While Aflac disapproved of Gilbert Gottfried's humor, his number of Twitter followers has jumped by more than 13,000 since Monday night. I read one comment Tuesday night accusing Aflac of censorship. That's strange - I don't think Aflac hired any hackers to remove Gottfried's jokes from the Internet.
(Several Twitter users put it much better than I have - Gilbert Gott-fired.)
Meanwhile, THE BIG BLOG DUCK HUNT remains open for your "audition tape" to replace Gilbert Gottfried. Record your short audio clip (no videos) of a duck saying "Aflac," and e-mail it to the blog. We'll let readers vote for the best duck voice - but no, I refuse to call this contest Aflac Idol.

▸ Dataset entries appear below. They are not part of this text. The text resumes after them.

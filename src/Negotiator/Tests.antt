-- ===== src/Negotiator/Tests.antt =====
-- An offer of two streams and answers to it, and the theorem at a concrete input.
use mathlib.Core.List.{Memᴰ}
use cast_mirror.Prelude.{Bool, ℕ, true, false, ◌≡◌, inl, inr, refl, List, [], ◌∷◌, some, replicate}
use cast_mirror.Prelude.Int.{pos}
use cast_mirror.Stream.{Resolution, StreamStats}
use cast_mirror.Capability.{codes}
use cast_mirror.Negotiator.{
  bytes_to_hex, StreamEncryptionKeys, h264, create_offer, NegotiatedStreamParams,
  NegotiatedSessionParams, OfferedStream, smaller_rung, parse_answer, accept_all,
}
use cast_mirror.Negotiator.Agreement.{session_keys, answer_of, Agrees, answer_taken}

hex : bytes_to_hex (0 ∷ 255 ∷ 26 ∷ []) ≡ codes "00ff1a"
unfolding bytes_to_hex
hex = refl

abbrev size : ℕ → ℕ → Resolution
size w h = record { width = w; height = h }

-- The first rung below 1080 lines.
below :
    smaller_rung (size 1920 1080 ∷ size 1280 720 ∷ size 960 540 ∷ []) (size 1920 1080)
    ≡ size 1280 720 ∷ []
unfolding smaller_rung
below = refl

abbrev settings : StreamStats
settings = record {
  bitrate_kbps = 6000;
  target_delay_ms = pos 200;
  current_resolution = size 1920 1080;
  current_framerate = 60;
}

abbrev key : List ℕ
key = replicate 16 171

abbrev video_keys : StreamEncryptionKeys
video_keys = session_keys true (replicate 16 1) (replicate 16 2)

abbrev audio_keys : StreamEncryptionKeys
audio_keys = session_keys true key key

abbrev unset : NegotiatedStreamParams
unset = record {
  stream_index = pos 0;
  codec_name = [];
  sender_ssrc = 0;
  receiver_ssrc = 0;
  rtp_payload_type = 96;
  keys = record { aes_key = []; aes_iv_mask = []; aes_key_hex = []; aes_iv_mask_hex = [] };
}

abbrev initial : NegotiatedSessionParams
initial = record {
  receiver_udp_port = 0;
  has_audio = false;
  has_video = false;
  audio_stream = unset;
  video_stream = unset;
}

-- An answer that takes no stream is accepted, with the SSRC of no stream.
none_taken :
    parse_answer (answer_of 5000 [] []) video_keys audio_keys initial
    ≡ some (record initial { receiver_udp_port = 5000 })
unfolding parse_answer accept_all
none_taken = refl

answer_taken_example :
    let streams =
      (create_offer
        (λ n. codes "60")
        (pos 1001)
        settings
        true
        video_keys
        audio_keys
        h264
        (pos 200)
        (pos 0)).supported_streams in
    (params : NegotiatedSessionParams) × (parse_answer
        (answer_of 5000 (pos 0 ∷ pos 1 ∷ []) (7 ∷ 8 ∷ []))
        video_keys
        audio_keys
        initial
      ≡ some params)
    × (params.has_audio ≡ true
        → (s : OfferedStream) × Memᴰ s streams × Agrees params.audio_stream s)
    × (params.has_video ≡ true
        → (s : OfferedStream) × Memᴰ s streams × Agrees params.video_stream s)
    × (params.has_audio ≡ false → params.audio_stream ≡ unset)
    × (params.has_video ≡ false → params.video_stream ≡ unset)
    × (Memᴰ (pos 1) (pos 0 ∷ pos 1 ∷ []) → params.has_video ≡ true)
    × (◌≡◌ {A = Bool} true true → Memᴰ (pos 0) (pos 0 ∷ pos 1 ∷ []) → params.has_audio ≡ true)
answer_taken_example =
    answer_taken (λ n. codes "60") settings true video_keys key key h264 (pos 200) (pos 0) initial
      (pos 1001) 5000 (pos 0 ∷ pos 1 ∷ []) (7 ∷ 8 ∷ []) refl (inr (refl, refl), (inl refl, tt)) refl
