-- ===== src/Pacer.antt =====
-- core/include/castcore/frame_pacer.h: captured frames, which come when the desktop changes, become a
-- stream of a steady rate. Time points are nanoseconds, pixels are a list of bytes, and a borrowed
-- frame is its value.
pub mod Timestamps
mod Tests
use cast_mirror.Prelude.{
  ℕ, ◌+◌, ◌-◌, ◌*◌, ◌/◌, min, Bool, true, false, ◌&&◌, ◌||◌, not, ltb, if◌then◌else◌, Option, none,
  some, List, [], length,
}
use cast_mirror.Prelude.Int.{ℤ, pos, ◌+ℤ◌, ◌-ℤ◌, ◌*ℤ◌, ltb_ℤ}
use cast_mirror.Prelude.Time.{quot}

-- The fields of `CapturedVideoFrame` that a pacer reads or moves.
pub record CapturedVideoFrame : Type 0 where
  pub pixels : List ℕ
  pub timestamp : ℤ

abbrev pub no_frame : CapturedVideoFrame
no_frame = record { pixels = []; timestamp = pos 0 }

pub record FramePacer : Type 0 where
  pub target_fps : ℕ
  pub next_emit : ℤ
  pub last_emit_ts : ℤ
  pub last_emit_now : ℤ
  pub pending : CapturedVideoFrame
  pub pending_crop : ℤ × ℤ
  pub have_pending : Bool
  pub spare : List ℕ
  pub last : CapturedVideoFrame
  pub last_crop : ℤ × ℤ
  pub have_last : Bool

-- What a tick emits, with its crop offsets.
pub record Decision : Type 0 where
  pub frame : Option CapturedVideoFrame
  pub crop : ℤ × ℤ
  pub fresh : Bool

-- `SetTargetFps`; a number that is not positive changes nothing.
unfoldable pub set_target_fps : FramePacer → ℕ → FramePacer
set_target_fps p fps = record p { target_fps = if ltb 0 fps then fps else p.target_fps }

unfoldable pub reset : FramePacer → ℤ → FramePacer
reset p now = record p {
  next_emit = now;
  last_emit_now = now;
  last_emit_ts = pos 0;
  have_pending = false;
  have_last = false;
  pending = no_frame;
  last = no_frame;
  spare = [];
}

unfoldable pub submit : FramePacer → CapturedVideoFrame → ℤ × ℤ → FramePacer
submit p frame crop = record p { pending = frame; pending_crop = crop; have_pending = true }

-- `TakeSupersededBuffer`
unfoldable pub take_superseded_buffer : FramePacer → FramePacer × List ℕ
take_superseded_buffer p = (record p { spare = [] }, p.spare)

-- `Interval`, in nanoseconds.
unfoldable pub interval : FramePacer → ℕ
interval p = 1000000 / (if ltb 0 p.target_fps then p.target_fps else 60) * 1000

unfoldable pub has_frame : FramePacer → Bool
has_frame p = p.have_last || p.have_pending

unfoldable pub wait_slice_ms : FramePacer → ℤ → ℕ
wait_slice_ms p now =
    if not (ltb_ℤ now p.next_emit)
    then 0
    else elim (quot (p.next_emit -ℤ now) 1000000) [ pos ms ↦ min ms 100 | _ ↦ 0 ]

-- The deadline after the resync test.
unfoldable pub resync : FramePacer → ℤ → FramePacer
resync p now =
    let slack = pos (4 * interval p) in
    if ltb_ℤ (p.next_emit +ℤ slack) now || ltb_ℤ (now +ℤ slack) p.next_emit
    then record p { next_emit = now }
    else p

-- A staged frame becomes the last one.
unfoldable pub take_pending : FramePacer → FramePacer
take_pending p =
    if p.have_pending
    then record p {
      spare =
          if p.have_last && ltb (length p.spare) (length p.last.pixels)
          then p.last.pixels
          else p.spare;
      last = p.pending;
      last_crop = p.pending_crop;
      pending = record p.pending { pixels = [] };
      have_pending = false;
      have_last = true;
    }
    else p

-- The microseconds since the last emit, at least 1000 of them, in nanoseconds.
unfoldable pub elapsed_step : FramePacer → ℤ → ℤ
elapsed_step p now =
    let elapsed = quot (now -ℤ p.last_emit_now) 1000 in
    (if ltb_ℤ (pos 1000) elapsed then elapsed else pos 1000) *ℤ pos 1000

-- The stamp of the frame that is emitted.
unfoldable pub stamp : FramePacer → Bool → ℤ → ℤ
stamp p fresh now =
    if not fresh || not (ltb_ℤ p.last_emit_ts p.last.timestamp)
    then p.last_emit_ts +ℤ elapsed_step p now
    else p.last.timestamp

-- A tick that is due.
unfoldable pub emit : FramePacer → Bool → ℤ → FramePacer × Decision
emit p fresh now =
    let frame = record p.last { timestamp = stamp p fresh now } in
    if p.have_last
    then (
      record p {
        last = frame;
        last_emit_ts = frame.timestamp;
        last_emit_now = now;
        next_emit = p.next_emit +ℤ pos (interval p);
      },
      record { frame = some frame; crop = p.last_crop; fresh = fresh },
    )
    else (
      record p { next_emit = p.next_emit +ℤ pos (interval p) },
      record { frame = none; crop = (pos 0, pos 0); fresh = fresh },
    )

unfoldable pub tick : FramePacer → ℤ → FramePacer × Decision
tick p now =
    let synced = resync p now in
    if ltb_ℤ now synced.next_emit
    then (synced, record { frame = none; crop = (pos 0, pos 0); fresh = false })
    else emit (take_pending synced) synced.have_pending now
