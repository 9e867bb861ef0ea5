-- ===== src/Pacer/Timestamps.antt =====
-- The stamps of the emitted frames, and the cadence.
use cast_mirror.Prelude.{
  if_cases, ℕ, ◌*◌, ◌≤◌, min, Bool, true, if◌then◌else◌, ◌≡◌, refl, subst, ◌∙◌, Bool-cases, inl,
  inr, Option, none, some, List, [], ◌∷◌, arith,
}
use cast_mirror.Prelude.Int.{ℤ, pos, negsuc, ◌-ℤ◌, ◌*ℤ◌, ◌≤ℤ◌, ltb_ℤ, +ℤ_parts, -ℤ_parts}
use cast_mirror.Prelude.Time.{quot}
use cast_mirror.Prelude.Reads.{is_some}
use cast_mirror.Pacer.{
  CapturedVideoFrame, FramePacer, Decision, set_target_fps, submit, take_superseded_buffer,
  wait_slice_ms, has_frame, resync, take_pending, elapsed_step, stamp, emit, tick,
}

elapsed_step_min : (p : FramePacer) (now : ℤ) → ltb_ℤ (pos 0) (elapsed_step p now) ≡ true
unfolding elapsed_step ◌*ℤ◌
elapsed_step_min p now = go (quot (now -ℤ p.last_emit_now) 1000)
  where
    go : (e : ℤ) → ltb_ℤ (pos 0) ((if ltb_ℤ (pos 1000) e then e else pos 1000) *ℤ pos 1000) ≡ true
    go e = ground arith

stamp_rises :
    (p : FramePacer) (fresh : Bool) (now : ℤ) → ltb_ℤ p.last_emit_ts (stamp p fresh now) ≡ true
unfolding stamp
stamp_rises p fresh now =
    let step = elapsed_step_min p now in
    let sum = +ℤ_parts p.last_emit_ts (elapsed_step p now) in ground arith

pub data Call : Type 0 where
  on_submit : CapturedVideoFrame → ℤ × ℤ → Call
  on_tick : ℤ → Call
  on_fps : ℕ → Call
  on_take : Call

unfoldable pub step : FramePacer → Call → FramePacer
step p (on_submit frame crop) = submit p frame crop
step p (on_tick now) = (tick p now).0
step p (on_fps fps) = set_target_fps p fps
step p on_take = (take_superseded_buffer p).0

-- The frames that a call emits.
unfoldable pub emitted : FramePacer → Call → Option CapturedVideoFrame
emitted p (on_tick now) = (tick p now).1.frame
emitted p _ = none

unfoldable pub stamps_of : Option CapturedVideoFrame → List ℤ → List ℤ
stamps_of none rest = rest
stamps_of (some f) rest = f.timestamp ∷ rest

unfoldable pub stamps : FramePacer → List Call → List ℤ
stamps p [] = []
stamps p (x ∷ calls) = stamps_of (emitted p x) (stamps (step p x) calls)

abbrev pub Rise : ℤ → List ℤ → Type 0
Rise t [] = Unit {0}
Rise t (s ∷ rest) = (ltb_ℤ t s ≡ true) × Rise s rest

-- What a call does to the last stamp.
Stepped : ℤ → FramePacer → Option CapturedVideoFrame → Type 0
Stepped t p none = p.last_emit_ts ≡ t
Stepped t p (some f) = (p.last_emit_ts ≡ f.timestamp) × (ltb_ℤ t f.timestamp ≡ true)

extend :
    (t : ℤ) (p : FramePacer) (o : Option CapturedVideoFrame) (rest : List ℤ)
    → Stepped t p o
    → Rise p.last_emit_ts rest
    → Rise t (stamps_of o rest)
unfolding Stepped stamps_of
extend t p none rest h r = subst (λ s. Rise s rest) h r
extend t p (some f) rest h r = (h.1, subst (λ s. Rise s rest) h.0 r)

emit-Stepped :
    (p : FramePacer) (fresh : Bool) (now : ℤ)
    → Stepped p.last_emit_ts (emit p fresh now).0 (emit p fresh now).1.frame
unfolding emit Stepped
emit-Stepped p fresh now =
    if_cases (λ (r : FramePacer × Decision). Stepped p.last_emit_ts r.0 r.1.frame) p.have_last _ _
      (refl, stamp_rises p fresh now) refl

resync_keeps : (p : FramePacer) (now : ℤ) → (resync p now).last_emit_ts ≡ p.last_emit_ts
unfolding resync
resync_keeps p now = ground arith

take_pending_keeps : (p : FramePacer) → (take_pending p).last_emit_ts ≡ p.last_emit_ts
unfolding take_pending
take_pending_keeps p = ground arith

tick-Stepped :
    (p : FramePacer) (now : ℤ) → Stepped p.last_emit_ts (tick p now).0 (tick p now).1.frame
unfolding tick Stepped
tick-Stepped p now =
    let synced = resync p now in
    let taken = take_pending synced in
    let same = take_pending_keeps synced ∙ resync_keeps p now in
    elim (Bool-cases (ltb_ℤ now synced.next_emit)) [
      | inl e ↦ rw (tick, e) (resync_keeps p now)
      | inr e ↦
          rw (tick, e)
            (subst
              (λ t.
                Stepped t (emit taken synced.have_pending now).0
                  (emit taken synced.have_pending now).1.frame)
              same (emit-Stepped taken synced.have_pending now))
    ]

step-Stepped : (p : FramePacer) (x : Call) → Stepped p.last_emit_ts (step p x) (emitted p x)
unfolding step emitted submit set_target_fps take_superseded_buffer Stepped
step-Stepped p (on_submit frame crop) = refl
step-Stepped p (on_tick now) = tick-Stepped p now
step-Stepped p (on_fps fps) = refl
step-Stepped p on_take = refl

-- Whatever is captured, with any stamps, and whenever ticks come, the frames that are emitted have
-- stamps that rise strictly, from above the last one.
pub stamps-Rise : (p : FramePacer) (calls : List Call) → Rise p.last_emit_ts (stamps p calls)
unfolding stamps
stamps-Rise p [] = tt
stamps-Rise p (x ∷ calls) =
    extend p.last_emit_ts (step p x) (emitted p x) (stamps (step p x) calls) (step-Stepped p x)
      (stamps-Rise (step p x) calls)

-- A tick that is not before the deadline emits a frame exactly where one was captured or emitted
-- before.
pub due_tick_emits :
    (p : FramePacer) (now : ℤ) → p.next_emit ≤ℤ now → is_some (tick p now).1.frame ≡ has_frame p
unfolding tick resync take_pending emit has_frame
due_tick_emits p now due = ground arith

slice_bound :
    (d : ℤ)
    → pos 0 ≤ℤ d
    → pos ((elim (quot d 1000000) as (λ _. ℕ) [ pos ms ↦ min ms 100 | _ ↦ 0 ]) * 1000000) ≤ℤ d
slice_bound (pos n) h = omega arith
slice_bound (negsuc n) h = absurd (omega arith)

slice_cap : (q : ℤ) → elim q as (λ _. ℕ) [ pos ms ↦ min ms 100 | _ ↦ 0 ] ≤ 100
slice_cap (pos n) = omega arith
slice_cap (negsuc n) = omega arith

-- Before the deadline, a wait is at most 100 ms and does not go beyond it.
pub wait_slice_ms_bound :
    (p : FramePacer) (now : ℤ)
    → ltb_ℤ now p.next_emit ≡ true
    → (wait_slice_ms p now ≤ 100) × (pos (wait_slice_ms p now * 1000000) ≤ℤ p.next_emit -ℤ now)
unfolding wait_slice_ms
wait_slice_ms_bound p now before =
    let left = p.next_emit -ℤ now in
    let parts = -ℤ_parts p.next_emit now in
    rw (before) (slice_cap (quot left 1000000), slice_bound left (ground arith))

Let's set our sights on other Tuesday topics....
+ Republican activist Meghan McCain headlined a Women's Leadership Conference at the Cunningham Center. Too bad the Georgia Legislature was in session - because State Senator Josh McKoon missed a golden romantic opportunity.
(McCain admitted to reporters when she took an active role with her father's 2008 presidential campaign, some advisers wanted her to lose weight. There must be a better way to illustrate the bloated federal budget than this.)
+ Phenix City Central High School hosted a forum on dropout students. One school official told WTVM the dropout rate in Phenix City is only three percent, compared with 12 percent across Alabama. Take that, Jimmy Wetzel! The project with the classic car was worth every dollar the school superintendent spent on it.
+ WXTX showed commercials urging soldiers to move to a housing development in Fort Campbell, Kentucky. Huh?! Is there a second part to base realignment that the Chamber of Commerce has kept hidden for years?
+ Alabama coasted past Coastal Carolina 68-44 in the National Invitational Tournament. Then Clemson clobbered Alabama-Birmingham 70-52 on opening night of the NCAA men's tournament. Maybe the selection committee didn't know there's a school with a similar name in Tuscaloosa.
+ Instant Message to attorney Glennon Threatt: Is it safe to assume your client "Al from Dadeville" hasn't received any invitations to Earth Day events?